In the illustration example $Fig. 9$, this graph shows that when $x = x_0$, the value $y(x_0)$ is determined by the mean value of the conditional distribution $p(t|x_0)$, which is represented by the dashed green horizontal line.
The regression function optimizes squared loss expectation by averaging the values of $t$ according to the conditional distribution $p(t|x)$.
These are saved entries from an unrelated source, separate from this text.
-- ===== src/Segment/Tests.antt =====
-- Runs of the compiler on cases of packages/segment-dsl/golden/cases.json and index.test.ts, and the
-- theorems at such inputs.
use Prim.Native.String.{String}
use nudgeon_platform.Common.{
  ◌≡◌, refl, ◌⊎◌, true, none, false, List, [], ◌∷◌, some, Result, ok, err, template, join,
  occurrences, decimal,
}
use nudgeon_platform.Segment.{
  Number, finite, Value, undefined, string, number, array, nil, cons, and, or, marketing, eq,
  AttributeOp, count_gte, not_performed, token_platform_in, Condition, attribute, event, channel,
  device, SegmentDsl, Compiled, CompileError, platform, first_performed, attribute_op,
  unsupported_version, device_unsupported,
}
use nudgeon_platform.Segment.Params.{
  ◌>>=◌, pure, throw, lift, add, add_all, cmp_ops, scalar, int_value, element_text, element_texts,
  array_values,
}
use nudgeon_platform.Segment.Attribute.{
  extract_promoted, extract_column, json_extract, compile_comparison, date_of, compile_days,
  compile_date, compile_contains, compile_in, compile_attribute_op, compile_attribute,
}
use nudgeon_platform.Segment.Channel.{
  add_platforms, compile_platforms, compile_channel_op, compile_channel, refusal, compile_device,
}
use nudgeon_platform.Segment.Event.{
  merge_map, event_query, within_window, base_windowed, compile_performed, compile_count,
  compile_moment, compile_event_op, compile_event,
}
use nudgeon_platform.Segment.Compile.{
  finish, where_clause, compile_condition, compile_conditions, compile_parts, compile_checked,
  compile_group, compile_groups, where_groups, compile_where, compile_joined, compile,
}
use nudgeon_platform.Segment.Bind.{
  param_name, named_place, click_house_type, replace_places, to_click_house, ClickHouseQuery,
}
use nudgeon_platform.Segment.Bind.Laws.{named, to_click_house-compile}
use nudgeon_platform.Segment.Emits.{holes}
use nudgeon_platform.Segment.Emits.Query.{compile-balanced}
use nudgeon_platform.Segment.Supported.{is_ok, is_supported_dsl}
use nudgeon_platform.Segment.Supported.Compile.{is_ok-compile}
use nudgeon_platform.Segment.Nests.{nest}
use nudgeon_platform.Segment.Scope.{scope, IsWithin, compile-IsWithin}

compiler : Unit {0}
unfolding ◌>>=◌ pure throw lift add add_all cmp_ops scalar int_value element_text element_texts
    array_values extract_promoted extract_column json_extract compile_comparison date_of
    compile_days compile_date compile_contains compile_in compile_attribute_op compile_attribute
    add_platforms compile_platforms compile_channel_op compile_channel refusal compile_device
    merge_map event_query within_window base_windowed compile_performed compile_count compile_moment
    compile_event_op compile_event finish where_clause compile_condition compile_conditions
    compile_parts compile_checked compile_group compile_groups where_groups compile_where
    compile_joined compile template join param_name named_place click_house_type replace_places
    to_click_house decimal occurrences
compiler = tt

abbrev text_of : Number → String
text_of n = "1"

abbrev whole : Number
whole = finite false 30 0

abbrev of_condition : Condition → SegmentDsl
of_condition c = record {
  version = 1;
  operator = and;
  groups = record { operator = or; conditions = c ∷ [] } ∷ [];
}

abbrev run : SegmentDsl → Result CompileError Compiled
run dsl = compile text_of "T" "A" marketing dsl

abbrev country : SegmentDsl
country = of_condition (attribute (record { key = "country"; op = eq; value = string "KR" }))

abbrev country_sql : String
country_sql =
    "SELECT user_id FROM profiles_mirror FINAL WHERE tenant_id = toUUID(?) AND app_id = toUUID(?) AND status = 'active' AND ((JSONExtractString(std_attrs, ?) = ?))"

abbrev country_query : Compiled
country_query = record {
  sql = country_sql;
  args = string "T" ∷ string "A" ∷ string "country" ∷ string "KR" ∷ [];
}

country_test : run country ≡ ok country_query
unfolding compiler
country_test = refl

-- The values of two event conditions are bound in the order of the text.
abbrev two_events : SegmentDsl
two_events = record {
  version = 1;
  operator = and;
  groups =
      record {
        operator = and;
        conditions =
            event (record {
              event = "purchase";
              op = count_gte;
              value = number (finite false 2 0);
              window_days = some (finite false 30 0);
            })
            ∷ event (record {
              event = "cancel";
              op = not_performed;
              value = undefined;
              window_days = some (finite false 7 0);
            })
            ∷ [];
      }
      ∷ [];
}

abbrev args_of : Result CompileError Compiled → List Value
args_of (ok c) = c.args
args_of (err e) = []

two_events_args :
    args_of (run two_events)
    ≡ string "T"
      ∷ string "A"
      ∷ string "T"
      ∷ string "A"
      ∷ string "T"
      ∷ string "A"
      ∷ string "purchase"
      ∷ number (finite false 30 0)
      ∷ number (finite false 2 0)
      ∷ string "T"
      ∷ string "A"
      ∷ string "T"
      ∷ string "A"
      ∷ string "cancel"
      ∷ number (finite false 7 0)
      ∷ []
unfolding compiler
two_events_args = refl

-- An unknown operator, another version, an unknown platform and a device condition are refused.
refusals :
    (run
        (of_condition (attribute (record { key = "x"; op = AttributeOp.other; value = undefined })))
      ≡ err attribute_op)
    × (run (record { version = 99; operator = and; groups = [] }) ≡ err unsupported_version)
    × (run (
          of_condition
            (channel (record { op = token_platform_in; value = array (cons (string "web") nil) })))
        ≡ err platform)
    × (run (of_condition (device (record { key = "app_version"; op = eq; value = string "1" })))
        ≡ err device_unsupported)
unfolding compiler
refusals = (refl, refl, refl, refl)

compile-balanced_example : holes country_sql ≡ 4
compile-balanced_example =
    compile-balanced text_of "T" "A" marketing country country_query country_test

compile-IsWithin_example :
    ((country.groups ≡ []) × (country_sql ≡ scope) ⊎ IsWithin country_sql)
    × ((rest : List Value) × (country_query.args ≡ string "T" ∷ string "A" ∷ rest))
compile-IsWithin_example =
    compile-IsWithin text_of "T" "A" marketing country country_query country_test

to_click_house-compile_example :
    (q : ClickHouseQuery) × (to_click_house country_query ≡ ok q)
    × (q.query_params ≡ named 0 country_query.args)
    × (holes q.query ≡ 0)
to_click_house-compile_example =
    to_click_house-compile text_of "T" "A" marketing country country_query country_test

-- What is accepted, and what is not: a window is missing here.
abbrev first_time : SegmentDsl
first_time = of_condition (
    event
      (record { event = "purchase"; op = first_performed; value = undefined; window_days = none }))

is_ok-compile_example : is_ok (run first_time) ≡ false
is_ok-compile_example = is_ok-compile text_of "T" "A" marketing first_time

supported_tests :
    (is_supported_dsl text_of country ≡ true) × (is_supported_dsl text_of two_events ≡ true)
supported_tests = (refl, refl)

-- What two groups without brackets of their own round them would leave between the brackets.
escaped_test : nest 0 "country = 'KR') OR (country = 'JP'" ≡ none
unfolding nest
escaped_test = refl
The decision-making process involves predicting the actual value $y(x)$ corresponding to the output $t$ of the input variable $x$. The expected loss function over all the random variables $x$ and $t$:

$$ \mathbb{E}[L] = \iint L(t, y(x))p(x, t) , dx , dt $$

In the specific case of squared loss:

$$ \mathbb{E}[L] = \iint {y(x) - t}^2 p(x, t) , dx , dt $$

Solving the differential equation to minimize $\mathbb{E}[L]$, we get:

$$ y(x) = \frac{\int t p(x, t) , dt}{p(x)} = E_t[t|x] $$

This shows that the regression function $y(x)$ is the conditional mean of $t$ given $x$.

Minkowski loss function

Squared loss is not the only choice for regression problems. A generalized case of squared loss is called Minkowski loss, with the expectation given by:

$$ \mathbb{E}[L_q] = \iint |y(x) - t|^q p(x, t) , dx , dt $$

This loss function shrinks to squared loss when $q = 2$, and the minimum value of $\mathbb{E}[L_q]$ is given by the conditional mean when $q = 2$, the conditional median when $q = 1$, and the conditional mode when $q \to 0$.

Approaches for regression

$(a)$ Solve the inference problem to determine the joint density $p(x, t)$, then normalize to find the conditional density $p(t|x)$, and finally compute the conditional expectation using the formula:

$$ y(x) = E_t[t|x] $$

$(b)$ Solve the inference problem to find the conditional density $p(t|x)$, then integrate to find the conditional expectation.
$(c)$ Directly find the regression function $y(x)$ from the training data.

Each approach has its own advantages and disadvantages, depending on the complexity of the specific problem.